Of all the lines in the records below, copy only those that contain the string "rotated".
LISTED ENTRIES section start
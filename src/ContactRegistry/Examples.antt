-- ===== src/ContactRegistry/Examples.antt =====
-- A registry of two contacts.
use mathlib.Core.Option
use orpal.Base.{[], ◌∷◌, none, some, true, ◌≡◌, refl}
use orpal.Json.{null}
use orpal.Dict
use orpal.Contacts.{Contact}
use orpal.ContactRegistry.{
  RecordPatch, record_of, patched, get, set, load_all, patch, remove, clear, relay_only, boards,
}
use orpal.ContactRegistry.View.{loaded, registry_refines_view}

abbrev bob : Contact
bob = record {
  identity_key = "bob";
  transport_key = "kb";
  binding = null;
  display_name = "Bob";
  relay_only = true;
  preferred_boards = some ("b1" ∷ []);
  fallback_boards = none;
  auto_accept_migration = none;
  added_utc = "2025-01-01";
  is_loopback = none;
}

abbrev rotated : RecordPatch
rotated = record {
  relay_only = none;
  transport_key = some "kc";
  boards = none;
  auto_accept_migration = none;
}

known :
    (relay_only "bob" (load_all (bob ∷ []) []) ≡ true)
    × (boards "carol" (load_all (bob ∷ []) []) ≡ record { preferred = []; fallback = [] })
unfolding relay_only boards load_all set Dict.set Dict.get
known = (refl, refl)

registry_refines_view_example :
    (get "bob" (load_all (bob ∷ []) []) ≡ loaded (bob ∷ []) (λ i. get i []) "bob")
    × (get "bob" (set "bob" (record_of bob) []) ≡ some (record_of bob))
    × (get "bob" (patch "bob" rotated []) ≡ Option.map (patched rotated) (get "bob" []))
    × (get "bob" (remove "bob" []) ≡ none)
    × (get "bob" (clear []) ≡ none)
registry_refines_view_example =
    registry_refines_view (bob ∷ []) "bob" (record_of bob) rotated [] "bob"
LISTED ENTRIES section end
● OUTPUT OF THE EXERCISE:
abbrev rotated : RecordPatch
rotated = record {
    × (get "bob" (patch "bob" rotated []) ≡ Option.map (patched rotated) (get "bob" []))
    registry_refines_view (bob ∷ []) "bob" (record_of bob) rotated [] "bob"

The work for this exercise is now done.